The other two approaches come with their own emotional turmoil that is exacerbated by social media. For the deleters, their actions are often impulsive. How many of us have sat with our laptops open and a glass of Merlot and quickly de-friended an ex on Facebook or erased their texts? This is "beneficial on a short-term basis," say the authors. However, "deleters sometimes regret failing to save mementos symbolizing a chapter in their lives." Moreover, total deletion isn't even always an option on Facebook. As Nick Collins at The Telegraph writes "pictures and messages posted on social networks are not so easy to erase, especially if they have been posted online by someone else."

For the keepers, it's extra hard to say goodbye to an old boyfriend or girlfriend. One participant admitted: "I try to get his information through social networks in a quiet way." According to the authors, keepers' behavior "leads the romantic attachment to persist, which prolongs the grief process." Facebook, in particular, is "very problematic," Sas told Today. "The other person is just a click away. There's almost this continual contact which is very compelling." While we can cut people out of photographs, donate exes' sweaters to charity (or burn them), and even delete phone numbers, finding the most up-to-date info on old flames is just a matter of one tempting search on Facebook. Furthermore, since there is such an abundance of digital memories in 21st century relationships, Sas adds that locating and erasing them all is "very, very emotionally taxing."
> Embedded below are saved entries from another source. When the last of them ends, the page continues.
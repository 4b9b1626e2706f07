-- ===== src/Tree/Build/Growing.antt =====
-- tree.go: every step of Build keeps the pointers sound and the checkouts of the cells.
use repo_man.Model.Node.{Kind, Info, dir}
use repo_man.Safepath.{dot, parent_dir}
use repo_man.Tree.Build.{
  Cell, Builder, add_child, change, link, register, trim_slashes, new_info, root_place, attach_to,
  dir_found, dir_node, dir_at, attach, with_kind, place, place_found,
}
use repo_man.Tree.Build.Cells.{Holds, if-Holds}
use repo_man.Tree.Build.Store.{
  cell_at, cell_at-there, cell_at-lt, length-change, change-same, append-new,
}
use repo_man.Tree.Build.Sound.{
  IsKinded, IsSound, Extends, Extends-refl, Extends-trans, change-IsSound, change-Extends,
  link-IsSound, link-Extends, link-length, register-IsSound, register-Extends,
}
use repo_man.Base.{
  ℕ, zero, suc, ◌<◌, ◌≡◌, refl, sym, subst, ◌≢◌, ◌||◌, [], ◌∷◌, ◌++◌, Option, none, some, Str,
  arith, eqb, lookup, length,
}

-- A step from one builder to another.
pub record IsGrown (b b' : Builder) : Type 0 where
  pub sound : IsSound b'
  pub extends : Extends b b'

pub grown : (b : Builder) → IsSound b → IsGrown b b
grown b s = record { sound = s; extends = Extends-refl b }

pub IsGrown-trans : (a b c : Builder) → IsGrown a b → IsGrown b c → IsGrown a c
IsGrown-trans a b c f g = record {
  sound = g.sound;
  extends = Extends-trans a b c f.extends g.extends;
}

pub Extends-lt : (b b' : Builder) (k : ℕ) → Extends b b' → k < length b.cells → k < length b'.cells
Extends-lt b b' k e h =
    let (c, at) = cell_at-there k b.cells h in
    let (c', at', same) = e.cells k c at in cell_at-lt k b'.cells c' at'

-- A step that returns a node.
abbrev pub Leads : Builder → ℕ × Builder → Type 0
Leads b (id, b') = (id < length b'.cells) × IsGrown b b'

no_repo : (i : Info) → i.repo ≡ none → IsKinded i
no_repo i e r h = absurd (cc (e, h))

pub added-IsGrown :
    (rel : Str) (p : ℕ) (i : Info) (b : Builder)
    → IsKinded i
    → p < length b.cells
    → IsSound b
    → IsGrown b (register rel (link p i b))
added-IsGrown rel p i b t l s = record {
  sound = register-IsSound rel (link p i b) (link-IsSound p i b s l t);
  extends =
      Extends-trans b (link p i b) (register rel (link p i b)) (link-Extends p i b)
        (register-Extends rel (link p i b));
}

attach_to-Leads :
    (rel : Str) (i : Info) (b : Builder) (o : Option (ℕ × Builder))
    → IsKinded i
    → Holds (Leads b) o
    → Holds (Leads b) (attach_to rel i o)
unfolding attach_to register
attach_to-Leads rel i b none t h = tt
attach_to-Leads rel i b (some (p, b₁)) t (l, g) = (
  omega (arith, link-length p i b₁),
  IsGrown-trans b b₁ _ g (added-IsGrown rel p i b₁ t l g.sound),
)

dir_found-Leads :
    (rel : Str) (i : Info) (b : Builder) (parent : Option (ℕ × Builder)) (o : Option ℕ)
    → IsSound b
    → IsKinded i
    → lookup rel b.nodes ≡ o
    → Holds (Leads b) parent
    → Holds (Leads b) (dir_found rel i b parent o)
dir_found-Leads rel i b parent (some id) s t e h = (s.named rel id e, grown b s)
dir_found-Leads rel i b parent none s t e h = attach_to-Leads rel i b parent t h

root_place-lt :
    (b : Builder) (o : Option ℕ) → IsSound b → lookup [] b.nodes ≡ o → root_place o < length b.cells
root_place-lt b none s e = s.begun
root_place-lt b (some id) s e = s.named [] id e

new_info-IsKinded : (kind : Kind) (rel : Str) (b : Builder) → IsKinded (new_info kind rel b)
unfolding new_info
new_info-IsKinded kind rel b = no_repo (new_info kind rel b) refl

pub dir_node-Leads :
    (fuel : ℕ) (rel : Str) (b : Builder) → IsSound b → Holds (Leads b) (dir_node fuel rel b)
unfolding dir_node
dir_node-Leads zero rel b s = tt
dir_node-Leads (suc fuel) rel b s =
    let r = trim_slashes rel in
    if-Holds (Leads b) (eqb r [] || eqb r dot) (some (root_place (lookup [] b.nodes), b)) _
      (root_place-lt b (lookup [] b.nodes) s refl, grown b s)
      (λ e.
        dir_found-Leads r (new_info dir r b) b (dir_node fuel (parent_dir r) b) (lookup r b.nodes) s
          (new_info-IsKinded dir r b) refl (dir_node-Leads fuel (parent_dir r) b s))

pub dir_at-Leads : (rel : Str) (b : Builder) → IsSound b → Holds (Leads b) (dir_at rel b)
unfolding dir_at
dir_at-Leads rel b s = dir_node-Leads (suc (suc (length rel))) rel b s

pub attach-Leads :
    (rel : Str) (i : Info) (b : Builder) → IsKinded i → IsSound b → Holds (Leads b) (attach rel i b)
unfolding attach
attach-Leads rel i b t s =
    attach_to-Leads rel i b (dir_at (parent_dir rel) b) t (dir_at-Leads (parent_dir rel) b s)

place_found-Leads :
    (rel : Str) (kind : Kind) (b : Builder) (o : Option ℕ)
    → kind ≢ dir
    → IsSound b
    → lookup rel b.nodes ≡ o
    → Holds (Leads b) (place_found rel kind b o)
place_found-Leads rel kind b (some id) n s e = (
  subst (λ l. id < l) (sym (length-change id (with_kind kind) b.cells)) (s.named rel id e),
  record {
    sound = change-IsSound id (with_kind kind) (λ c. refl) b (λ c h k r q. n) s;
    extends = change-Extends id (with_kind kind) (λ c. refl) b (λ c. refl);
  },
)
place_found-Leads rel kind b none n s e =
    attach-Leads rel (new_info kind rel b) b (new_info-IsKinded kind rel b) s

pub place-Leads :
    (rel : Str) (kind : Kind) (b : Builder)
    → kind ≢ dir
    → IsSound b
    → Holds (Leads b) (place rel kind b)
unfolding place
place-Leads rel kind b n s =
    place_found-Leads (trim_slashes rel) kind b (lookup (trim_slashes rel) b.nodes) n s refl

-- The node that place returns has the kind.
abbrev pub HasKind : Kind → ℕ × Builder → Type 0
HasKind kind (id, b) = (c : Cell) × (cell_at id b.cells ≡ some c) × (c.info.kind ≡ kind)

pub link-new :
    (p : ℕ) (i : Info) (b : Builder)
    → cell_at (length b.cells) (link p i b).cells ≡ some (record { info = i; children = [] })
unfolding link
link-new p i b =
    subst
      (λ n.
        cell_at n
          (change p (add_child (length b.cells)) b.cells ++ record { info = i; children = [] } ∷ [])
        ≡ some (record { info = i; children = [] }))
      (length-change p (add_child (length b.cells)) b.cells)
      (append-new (change p (add_child (length b.cells)) b.cells)
        (record { info = i; children = [] }))

attach_to-HasKind :
    (rel : Str) (i : Info) (o : Option (ℕ × Builder)) → Holds (HasKind i.kind) (attach_to rel i o)
unfolding attach_to register
attach_to-HasKind rel i none = tt
attach_to-HasKind rel i (some (p, b)) = (_, link-new p i b, refl)

place_found-HasKind :
    (rel : Str) (kind : Kind) (b : Builder) (o : Option ℕ)
    → IsSound b
    → lookup rel b.nodes ≡ o
    → Holds (HasKind kind) (place_found rel kind b o)
unfolding attach new_info
place_found-HasKind rel kind b (some id) s e =
    let (c, at) = cell_at-there id b.cells (s.named rel id e) in
    (with_kind kind c, change-same id (with_kind kind) b.cells c at, refl)
place_found-HasKind rel kind b none s e =
    attach_to-HasKind rel (new_info kind rel b) (dir_at (parent_dir rel) b)

pub place-HasKind :
    (rel : Str) (kind : Kind) (b : Builder) → IsSound b → Holds (HasKind kind) (place rel kind b)
unfolding place
place-HasKind rel kind b s =
    place_found-HasKind (trim_slashes rel) kind b (lookup (trim_slashes rel) b.nodes) s refl

-- The node that attach returns has the fields that it was given.
abbrev pub HasInfo : Info → ℕ × Builder → Type 0
HasInfo i (id, b) = (c : Cell) × (cell_at id b.cells ≡ some c) × (c.info ≡ i)

attach_to-HasInfo :
    (rel : Str) (i : Info) (o : Option (ℕ × Builder)) → Holds (HasInfo i) (attach_to rel i o)
unfolding attach_to register
attach_to-HasInfo rel i none = tt
attach_to-HasInfo rel i (some (p, b)) = (_, link-new p i b, refl)

pub attach-HasInfo : (rel : Str) (i : Info) (b : Builder) → Holds (HasInfo i) (attach rel i b)
unfolding attach
attach-HasInfo rel i b = attach_to-HasInfo rel i (dir_at (parent_dir rel) b)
So, what are the impulsive and weak-willed Facebook users to do? The authors suggest the creation of "Pandora's Box" software that "scours online profiles for any trace of a former loved one and stores them in one place." Then, people can later erase or keep whichever digital possessions they choose... when they're in a better state of mind.

"Deleting, defriending, and signing out of an account can be done quietly and with dignity," writes Daisy Buchanan at The Guardian. "And when you're newly single, preserving your dignity should be your top priority."